Security Guide: InfoSec and Cybersecurity Foundations
Information security — InfoSec — is the practice of protecting data, systems, and networks from unauthorized access, disclosure, modification, and destruction. As digital transformation accelerates across every industry, information security has evolved from an IT support function to a board-level strategic priority. This guide establishes the foundational concepts every security practitioner needs: the CIA triad, risk management methodologies, security frameworks, and the core domains of cybersecurity practice.
The CIA Triad
The CIA triad — Confidentiality, Integrity, and Availability — is the foundational security model that frames all security decisions.
Confidentiality
Confidentiality ensures that information is accessible only to authorized parties. Controls include: encryption (AES-256 for data at rest, TLS 1.3 for data in transit), access control lists (ACLs), role-based access control (RBAC), and data classification policies. The 2025 Verizon DBIR reports that 68% of breaches involved compromised credentials, directly targeting confidentiality controls. Principle of least privilege — granting only the minimum access necessary — is the primary mechanism for maintaining confidentiality.
Integrity
Integrity ensures that data has not been modified by unauthorized parties. Controls include: cryptographic hashing (SHA-256), digital signatures (Ed25519, ECDSA), checksums, database transaction logs, and change management processes. The 2024 Microsoft Midnight Blizzard attack demonstrated integrity compromise at the identity provider level — attackers manipulated signing keys to forge authentication tokens. Integrity monitoring tools (Tripwire, Wazuh FIM, AWS Config) alert on unauthorized file modifications.
Availability
Availability ensures that systems and data are accessible when needed. Controls include: redundancy (HA pairs, multi-AZ/region deployment), load balancing, backup and disaster recovery plans, DDoS protection (AWS Shield, Cloudflare), and SLA monitoring.
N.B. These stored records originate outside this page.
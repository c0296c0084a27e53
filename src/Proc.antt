-- ===== src/Proc.antt =====
-- proc.h and proc.c: the process table. What runs with ptable.lock held is one step on the table.
-- allocproc, fork and userinit let the lock go between their parts: here are the parts, and the
-- functions as the parts one after the other, for a run during which nobody else changes the table
-- (Whole shows that this is one of their runs). Making lets the parts of several runs and all other
-- operations fall in between. A process is named by its index in the table. What other parts return
-- (a stack from kalloc, a page table from copyuvm) is an argument, 0 for a failure, and calls into
-- them are listed in order as effects.
pub mod Table
pub mod Life
pub mod Pids
pub mod Embryo
pub mod Alloc
pub mod Exit
pub mod Wait
pub mod Orphans
pub mod Kill
pub mod Steps
pub mod Making
pub mod Made
pub mod Boot
pub mod Fork
pub mod Whole
pub mod Invariant
mod Tests
use boss_os.Base.{
  Bool, List, Option, [], add32, false, if◌then◌else◌, none, some, true, ℕ, ◌++◌, ◌+◌, ◌==◌, ◌∷◌,
}
use Table.{modify}

pub data ProcState : Type 0 where
  unused embryo sleeping runnable running zombie : ProcState

abbrev pub num : ProcState → ℕ
num ProcState.unused = 0
num ProcState.embryo = 1
num ProcState.sleeping = 2
num ProcState.runnable = 3
num ProcState.running = 4
num ProcState.zombie = 5

infix 50 ◌=s◌
abbrev pub ◌=s◌ : ProcState → ProcState → Bool
a =s b = num a == num b

-- What a process may sleep on: nothing (a null pointer), a process, another address.
pub data Chan : Type 0 where
  null : Chan
  of_proc : ℕ → Chan
  of_addr : ℕ → Chan

infix 50 ◌=c◌
abbrev pub ◌=c◌ : Chan → Chan → Bool
null =c null = true
of_proc i =c of_proc j = i == j
of_addr i =c of_addr j = i == j
_ =c _ = false

-- `struct proc`; of the trap frame only `eax` is read here, and of the context `eip`.
pub record Proc : Type 0 where
  pub sz : ℕ
  pub pgdir : ℕ
  pub kstack : ℕ
  pub state : ProcState
  pub pid : ℕ
  pub parent : Option ℕ
  pub eax : ℕ
  pub eip : ℕ
  pub chan : Chan
  pub killed : Bool
  pub ofile : List (Option ℕ)
  pub cwd : Option ℕ
  pub name : List ℕ

pub record Ptable : Type 0 where
  pub procs : List Proc
  pub nextpid : ℕ
  pub initproc : ℕ

pub data Effect : Type 0 where
  filedup fileclose idup iput kfree freevm : ℕ → Effect

-- A name for the address of forkret, which the linker chooses; nothing rests on its value.
abbrev pub forkret : ℕ
forkret = 0x80103A00

-- The search for an UNUSED slot, from index `i` on.
pub find_unused : List Proc → ℕ → Option ℕ
find_unused [] i = none
find_unused (p ∷ ps) i = if p.state =s ProcState.unused then some i else find_unused ps (i + 1)

-- What the locked part of allocproc does to the slot; a pid is an int, which wraps.
abbrev pub claimed : ℕ → Proc → Proc
claimed pid p = record p { state = ProcState.embryo; pid = pid }

abbrev pub stacked : ℕ → Proc → Proc
stacked stack p = record p { kstack = stack; eip = forkret }

-- A slot whose kalloc failed: `kstack` is the null that kalloc returned.
abbrev pub unstacked : Proc → Proc
unstacked p = record p { kstack = 0; state = ProcState.unused }

abbrev pub claim : ℕ → Ptable → Ptable
claim i t = record t { procs = modify i (claimed t.nextpid) t.procs; nextpid = add32 t.nextpid 1 }

-- The locked part of allocproc, with the slot found.
abbrev pub claim_on : Option ℕ → Ptable → Option ℕ × Ptable
claim_on none t = (none, t)
claim_on (some i) t = (some i, claim i t)

pub claim_slot : Ptable → Option ℕ × Ptable
claim_slot t = claim_on (find_unused t.procs 0) t

-- The rest of allocproc, without the lock, with the stack that kalloc returned.
pub give_stack : (stack i : ℕ) → Ptable → Option ℕ × Ptable
give_stack stack i t =
    if stack == 0
    then (none, record t { procs = modify i unstacked t.procs })
    else (some i, record t { procs = modify i (stacked stack) t.procs })

pub then_stack : (stack : ℕ) → Option ℕ × Ptable → Option ℕ × Ptable
then_stack stack (none, t) = (none, t)
then_stack stack (some i, t) = give_stack stack i t

-- allocproc when nothing falls between its parts.
pub allocproc : (stack : ℕ) → Ptable → Option ℕ × Ptable
allocproc stack t = then_stack stack (claim_slot t)

-- `p->state = RUNNABLE`, with the lock held again.
abbrev pub set_runnable : Proc → Proc
set_runnable p = record p { state = ProcState.runnable }

-- userinit, when nothing falls between its parts: the first process, on the page table `pgdir`; `none` is the panic, and the slot that
-- allocproc returns is used unchecked.
abbrev pub dressed : (pgdir cwd : ℕ) → List ℕ → Proc → Proc
dressed pgdir cwd name p = record p { sz = 4096; pgdir = pgdir; cwd = some cwd; name = name }

abbrev pub booted : (pgdir cwd : ℕ) → List ℕ → Proc → Proc
booted pgdir cwd name p = set_runnable (dressed pgdir cwd name p)

pub userinit_on : (pgdir cwd : ℕ) → (name : List ℕ) → Option ℕ × Ptable → Option Ptable
userinit_on pgdir cwd name (none, t) = none
userinit_on pgdir cwd name (some i, t) =
    if pgdir == 0
    then none
    else some (record t { procs = modify i (booted pgdir cwd name) t.procs; initproc = i })

pub userinit : (stack pgdir cwd : ℕ) → (name : List ℕ) → Ptable → Option Ptable
userinit stack pgdir cwd name t = userinit_on pgdir cwd name (allocproc stack t)

-- The loop of fork over the open files of the parent.
pub dup_files : List (Option ℕ) → List Effect
dup_files [] = []
dup_files (none ∷ fs) = dup_files fs
dup_files (some f ∷ fs) = Effect.filedup f ∷ dup_files fs

-- The slot of the child keeps what it had where the parent's descriptor is closed.
pub dup_into : List (Option ℕ) → List (Option ℕ) → List (Option ℕ)
dup_into [] old = old
dup_into (f ∷ fs) [] = []
dup_into (none ∷ fs) (o ∷ old) = o ∷ dup_into fs old
dup_into (some f ∷ fs) (o ∷ old) = some f ∷ dup_into fs old

abbrev pub optional : (ℕ → Effect) → Option ℕ → List Effect
optional e none = []
optional e (some x) = e x ∷ []

-- A slot given back when copyuvm fails.
abbrev pub returned : Proc → Proc
returned p = record p { pgdir = 0; kstack = 0; state = ProcState.unused }

-- What fork copies to the slot of the child without the lock, and the slot after the last part.
abbrev pub filled : (me pgdir : ℕ) → Proc → Proc → Proc
filled me pgdir cur p = record p {
  pgdir = pgdir;
  sz = cur.sz;
  parent = some me;
  eax = 0;
  ofile = dup_into cur.ofile p.ofile;
  cwd = cur.cwd;
  name = cur.name;
}

abbrev pub forked : (me pgdir : ℕ) → Proc → Proc → Proc
forked me pgdir cur p = set_runnable (filled me pgdir cur p)

pub record Forked : Type 0 where
  pub table : Ptable
  pub child : Option (ℕ × ℕ)
  pub effects : List Effect

-- fork after allocproc has returned, when nothing falls between its parts.
pub fork_on : (me stack pgdir pid : ℕ) → Proc → Option ℕ × Ptable → Forked
fork_on me stack pgdir pid cur (none, t) = record { table = t; child = none; effects = [] }
fork_on me stack pgdir pid cur (some i, t) =
    if pgdir == 0
    then record {
      table = record t { procs = modify i returned t.procs };
      child = none;
      effects = Effect.kfree stack ∷ [];
    }
    else record {
      table = record t { procs = modify i (forked me pgdir cur) t.procs };
      child = some (i, pid);
      effects = dup_files cur.ofile ++ optional Effect.idup cur.cwd;
    }

-- fork by process `me`, whose slot is `cur`, when nothing falls between its parts. The child is its index with its pid, which
-- allocproc takes from `nextpid`.
pub fork : (me stack pgdir : ℕ) → Proc → Ptable → Forked
fork me stack pgdir cur t = fork_on me stack pgdir t.nextpid cur (allocproc stack t)
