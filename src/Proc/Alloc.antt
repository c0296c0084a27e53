-- ===== src/Proc/Alloc.antt =====
-- The outcomes of allocproc, one by one.
use boss_os.Base.{
  Bool-cases, List, Option, [], add32, ap, arith, false, get_elem?, inl, inr, none, refl, some,
  subst, suc, true, zero, ℕ, ◌+◌, ◌<◌, ◌==◌, ◌∙◌, ◌∷◌, ◌≡◌, ◌≢◌,
}
use boss_os.Proc.{
  Proc, ProcState, Ptable, allocproc, claim_on, claim_slot, claimed, find_unused, give_stack,
  stacked, then_stack, unstacked, ◌=s◌,
}
use boss_os.Proc.Table.{modify, modify-modify}

-- The table after allocproc took slot `i` and `f` was done to it.
abbrev pub taken : ℕ → (Proc → Proc) → Ptable → Ptable
taken i f t = record t {
  procs = modify i (λ p. f (claimed t.nextpid p)) t.procs;
  nextpid = add32 t.nextpid 1;
}

-- What allocproc returns: the table as it was, or one free slot taken.
pub data Alloc (stack : ℕ) (t : Ptable) (r : Option ℕ × Ptable) : Type 0 where
  full : find_unused t.procs 0 ≡ none → r ≡ (none, t) → Alloc stack t r
  no_stack :
      (i : ℕ)
      → find_unused t.procs 0 ≡ some i
      → stack ≡ 0
      → r ≡ (none, taken i unstacked t)
      → Alloc stack t r
  got :
      (i : ℕ)
      → find_unused t.procs 0 ≡ some i
      → 0 < stack
      → r ≡ (some i, taken i (stacked stack) t)
      → Alloc stack t r

module _ (stack : ℕ) (t : Ptable) where
  allocproc-found :
      {o : Option ℕ}
      → find_unused t.procs 0 ≡ o
      → allocproc stack t ≡ then_stack stack (claim_on o t)
  unfolding allocproc claim_slot
  allocproc-found e = ap (λ o. then_stack stack (claim_on o t)) e

  allocproc_full : find_unused t.procs 0 ≡ none → allocproc stack t ≡ (none, t)
  unfolding then_stack
  allocproc_full e = allocproc-found e

  allocproc_no_stack :
      (i : ℕ)
      → find_unused t.procs 0 ≡ some i
      → (stack == 0) ≡ true
      → allocproc stack t ≡ (none, taken i unstacked t)
  unfolding then_stack give_stack
  allocproc_no_stack i e z = allocproc-found e ∙ rw z (rw modify-modify)

  pub allocproc_got :
      (i : ℕ)
      → find_unused t.procs 0 ≡ some i
      → (stack == 0) ≡ false
      → allocproc stack t ≡ (some i, taken i (stacked stack) t)
  unfolding then_stack give_stack
  allocproc_got i e z = allocproc-found e ∙ rw z (rw modify-modify)

pub allocproc-Alloc : (stack : ℕ) (t : Ptable) → Alloc stack t (allocproc stack t)
allocproc-Alloc stack t = go (find_unused t.procs 0) refl
  where
    go : (o : Option ℕ) → find_unused t.procs 0 ≡ o → Alloc stack t (allocproc stack t)
    go none e = full e (allocproc_full stack t e)
    go (some i) e = elim (Bool-cases (stack == 0)) [
      | inl z ↦ no_stack i e (ground arith) (allocproc_no_stack stack t i e z)
      | inr z ↦ got i e (ground arith) (allocproc_got stack t i e z)
    ]

-- The search stops at a slot that is free.
found_of :
    (ps : List Proc) (b i : ℕ)
    → find_unused ps b ≡ some i
    → (k : ℕ) × (p : Proc) × (i ≡ b + k) × (get_elem? ps k ≡ some p) × (p.state ≡ ProcState.unused)
unfolding find_unused
found_of [] b i h = cc
found_of (p ∷ ps) b i h = elim (Bool-cases (p.state =s ProcState.unused)) [
  | inl hit ↦ (0, p, ground arith, refl, ground arith)
  | inr miss ↦
      let (k, q, e, g, u) = found_of ps (b + 1) i (rw miss at h) in (suc k, q, omega arith, g, u)
]

pub find_unused-found :
    (ps : List Proc) (i : ℕ)
    → find_unused ps 0 ≡ some i
    → (p : Proc) × (get_elem? ps i ≡ some p) × (p.state ≡ ProcState.unused)
find_unused-found ps i h =
    let (k, p, e, g, u) = found_of ps 0 i h in
    let same : k ≡ i = omega arith in (p, subst (λ x. get_elem? ps x ≡ some p) same g, u)

-- It finds nothing only if every slot is in use.
pub find_unused-none :
    (ps : List Proc) (b j : ℕ) (p : Proc)
    → find_unused ps b ≡ none
    → get_elem? ps j ≡ some p
    → p.state ≢ ProcState.unused
unfolding find_unused
find_unused-none [] b j p h g = cc
find_unused-none (q ∷ ps) b zero p h g = ground arith
find_unused-none (q ∷ ps) b (suc j) p h g = elim (Bool-cases (q.state =s ProcState.unused)) [
  | inl hit ↦ ground arith
  | inr miss ↦ find_unused-none ps (b + 1) j p (rw miss at h) g
]
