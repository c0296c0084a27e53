-- ===== src/Proc/Pids.antt =====
-- The pids of the table, as numbers: a used pid stands once.
use boss_os.Base.{
  Bool, List, [], ap, arith, elem, false, if◌then◌else◌, not, refl, set, suc, true, zero, ℕ, ◌&&◌,
  ◌==◌, ◌∷◌, ◌≡◌, ◌≢◌, ◌⊎◌,
}
use boss_os.Proc.{Proc}
use boss_os.Proc.Table.{modify}

unfoldable pub pids : List Proc → List ℕ
pids [] = []
pids (p ∷ ps) = p.pid ∷ pids ps

-- No number but 0 stands twice.
unfoldable pub distinct_live : List ℕ → Bool
distinct_live [] = true
distinct_live (x ∷ xs) = if not (x == 0) && elem x xs then false else distinct_live xs

elem-set : (a i v : ℕ) (xs : List ℕ) → elem a xs ≡ false → a ≢ v → elem a (set xs i v) ≡ false
elem-set a i v [] h ne = refl
elem-set a zero v (x ∷ xs) h ne = ground arith
elem-set a (suc i) v (x ∷ xs) h ne = ground (arith, elem-set a i v xs)

-- A new pid that nobody has, or none at all, keeps the used pids apart.
pub distinct_live-set :
    (i v : ℕ) (xs : List ℕ)
    → (v ≡ 0) ⊎ (elem v xs ≡ false)
    → distinct_live xs ≡ true
    → distinct_live (set xs i v) ≡ true
unfolding distinct_live
distinct_live-set i v [] new h = refl
distinct_live-set zero v (x ∷ xs) new h = ground arith
distinct_live-set (suc i) v (x ∷ xs) new h =
    ground (arith, distinct_live-set i v xs, elem-set x i v xs)

pub pids-modify_same :
    (i : ℕ) (f : Proc → Proc) (ps : List Proc)
    → ((p : Proc) → (f p).pid ≡ p.pid)
    → pids (modify i f ps) ≡ pids ps
unfolding pids
pids-modify_same i f [] h = refl
pids-modify_same zero f (p ∷ ps) h = ap (λ k. k ∷ pids ps) (h p)
pids-modify_same (suc i) f (p ∷ ps) h = ap (λ l. p.pid ∷ l) (pids-modify_same i f ps h)

pub pids-modify-set :
    (i v : ℕ) (f : Proc → Proc) (ps : List Proc)
    → ((p : Proc) → (f p).pid ≡ v)
    → pids (modify i f ps) ≡ set (pids ps) i v
unfolding pids
pids-modify-set i v f [] h = refl
pids-modify-set zero v f (p ∷ ps) h = ap (λ k. k ∷ pids ps) (h p)
pids-modify-set (suc i) v f (p ∷ ps) h = ap (λ l. p.pid ∷ l) (pids-modify-set i v f ps h)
Ransomware attacks directly threaten availability — the average downtime cost of ransomware in 2025 was $5.3 million per incident according to Sophos.
Risk Management
Risk management is the process of identifying, assessing, and responding to security risks. Every security decision is a risk management decision.
Risk Assessment Frameworks
NIST SP 800-30 Rev. 1 provides the standard methodology for conducting risk assessments: system characterization, threat identification, vulnerability identification, control analysis, likelihood determination, impact analysis, risk determination, and recommendations. The process produces a risk register — a prioritized list of risks with assigned owners and treatment plans.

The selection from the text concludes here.